The Chinese AI startup, DeepSeek, has quietly released its large language model, DeepSeek-V3-0324, sending ripples through the AI industry. The model, weighing in at a substantial 641GB, appeared on the AI resource repository Hugging Face. This release continues DeepSeek's understated yet impactful style, with no fanfare, only an empty README file and the model weights.
Licensed under MIT, the model is free for commercial use and can run directly on consumer-grade hardware – an Apple Mac Studio equipped with an M3 Ultra chip. AI researcher Awni Hannun revealed on social media that the 4-bit quantized version of DeepSeek-V3-0324 runs at over 20 tokens per second on a 512GB M3 Ultra chip. While the Mac Studio is expensive, the ability to run such a large model locally breaks the previous reliance of top-tier AI on data centers.
DeepSeek-V3-0324 utilizes a Mixture-of-Experts (MoE) architecture, activating only about 37 billion parameters during task execution, instead of all 685 billion, significantly improving efficiency. It also incorporates Multi-Head Latent Attention (MLA) and Multi-Token Prediction (MTP) technologies. MLA enhances the model's contextual understanding in long texts, while MTP allows the model to generate multiple tokens at a time, increasing output speed by nearly 80%. The 4-bit quantized version reduces storage requirements to 352GB, making it feasible to run on high-end consumer hardware.
Early testers reported significant improvements over the previous version. AI researcher Xeophon claims the model shows massive leaps across all tested metrics, surpassing Anthropic's Claude Sonnet 3.5 to become the best non-reasoning model. Unlike the subscription-based Sonnet, DeepSeek-V3-0324's weights are freely available for download.
DeepSeek's open-source release strategy contrasts sharply with Western AI companies. American companies like OpenAI and Anthropic impose paywalls on their models, while Chinese AI companies increasingly favor permissive open-source licenses. This strategy accelerates the development of China's AI ecosystem, with tech giants like Baidu, Alibaba, and Tencent following suit by releasing open-source AI models. Faced with Nvidia chip restrictions, Chinese companies are turning disadvantages into competitive advantages by emphasizing efficiency and optimization.
DeepSeek-V3-0324 is likely the foundation for the upcoming DeepSeek-R2 inference model. Current inference models have enormous computational demands. If DeepSeek-R2 performs well, it will pose a direct challenge to OpenAI's rumored GPT-5.

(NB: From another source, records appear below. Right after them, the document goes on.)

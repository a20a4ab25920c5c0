-- ===== src/Accounts/Calls.antt =====
-- crates/storage/src/users.rs and tokens.rs: the calls of the methods that write.
use chenni_x_api.Prelude.Int.{ℤ}
use chenni_x_api.Prelude.{String, Bool, Option, List, [], ◌∷◌}
use chenni_x_api.Common.Types.{RowId}
use chenni_x_api.Common.Results.{ProxyResult}
use chenni_x_api.Accounts.{Accounts, Violation}
use chenni_x_api.Accounts.Users.{
  new_user, set_user, drop_user, user_is_logged, username_taken, create_user_with_quota,
  create_user, update_quota, update_password, update_user, delete_user,
}
use chenni_x_api.Accounts.Users
use chenni_x_api.Accounts.Tokens.{
  set_token, drop_tokens, token_is_logged, new_violation, insert_token, create_token,
  create_token_full, update_remain_quota_delta, set_model_limits, update_token, delete_where,
  delete_token, delete_token_by_id,
}
use chenni_x_api.Accounts.Tokens

-- A call of a method that writes, with its arguments.
pub data Call : Type 0 where
  creates_user : String → String → ℤ → String → Call
  creates_user_with_quota : String → String → ℤ → String → ℤ → Call
  updates_quota : RowId → ℤ → Call
  updates_user_used : RowId → ℤ → Call
  updates_user_status : RowId → ℤ → Call
  updates_password : RowId → String → Call
  updates_user : RowId → String → ℤ → ℤ → String → ℤ → Call
  deletes_user : RowId → Call
  creates_token : RowId → String → Option String → ℤ → Bool → Call
  creates_token_full : RowId → String → String → ℤ → Bool → ℤ → String → Bool → String → Call
  updates_remain : RowId → ℤ → Call
  updates_token_used : RowId → ℤ → Call
  updates_token_status : RowId → ℤ → Call
  sets_model_limits : RowId → Bool → List String → Call
  updates_token : RowId → String → ℤ → Bool → ℤ → String → Bool → String → ℤ → Call
  deletes_token : RowId → RowId → Call
  deletes_token_by_id : RowId → Call

module _ (explain : Violation → String) (print : List String → ProxyResult String) where
  -- The tables after a call, whatever it returns.
  unfoldable pub perform : Option String → Call → Accounts → Accounts
  unfolding create_user create_user_with_quota update_quota Users.update_used_quota_delta
      Users.update_status update_password update_user delete_user create_token create_token_full
      update_remain_quota_delta Tokens.update_used_quota_delta Tokens.update_status set_model_limits
      update_token delete_token delete_token_by_id
  perform e (creates_user u h r g) db = (create_user e explain u h r g db).1
  perform e (creates_user_with_quota u h r g q) db =
      (create_user_with_quota e explain u h r g q db).1
  perform e (updates_quota k q) db = (update_quota e explain k q db).1
  perform e (updates_user_used k d) db = (Users.update_used_quota_delta e explain k d db).1
  perform e (updates_user_status k s) db = (Users.update_status e explain k s db).1
  perform e (updates_password k h) db = (update_password e explain k h db).1
  perform e (updates_user k u r s g q) db = (update_user e explain k u r s g q db).1
  perform e (deletes_user k) db = (delete_user e explain k db).1
  perform e (creates_token u k n r l) db = (create_token e explain u k n r l db).1
  perform e (creates_token_full u n k r l x m b i) db =
      (create_token_full e explain u n k r l x m b i db).1
  perform e (updates_remain k d) db = (update_remain_quota_delta e explain k d db).1
  perform e (updates_token_used k d) db = (Tokens.update_used_quota_delta e explain k d db).1
  perform e (updates_token_status k s) db = (Tokens.update_status e explain k s db).1
  perform e (sets_model_limits k b m) db = (set_model_limits e explain print k b m db).1
  perform e (updates_token k n r l x m b i s) db = (update_token e explain k n r l x m b i s db).1
  perform e (deletes_token k u) db = (delete_token e explain k u db).1
  perform e (deletes_token_by_id k) db = (delete_token_by_id e explain k db).1

  -- Each call with what SQLite answers to its statement.
  unfoldable pub perform_all : List (Option String × Call) → Accounts → Accounts
  unfolding perform
  perform_all [] db = db
  perform_all ((e, c) ∷ cs) db = perform_all cs (perform e c db)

Users and developers wishing to experience DeepSeek-V3-0324 can download the complete model weights from Hugging Face, but the large file size requires substantial storage and computing resources. Cloud services, such as OpenRouter, offer free API access and a user-friendly chat interface; DeepSeek's own chat interface may also be updated to support the new version. Developers can also integrate the model through inference service providers like Hyperbolic Labs.
It's worth noting that DeepSeek-V3-0324 has shifted its communication style from a previous human-like conversational style to a more formal and technical one. This change is intended for professional and technical applications but may affect its appeal in consumer-facing applications.
DeepSeek's open-source strategy is reshaping the global AI landscape. Previously, China lagged behind the US by 1-2 years in AI; this gap has now narrowed significantly to 3-6 months, with some areas even surpassing the US. Similar to how Android gained global dominance through open-source, open-source AI models, leveraging widespread adoption and collective innovation from developers, are poised to excel in competition and drive broader AI adoption.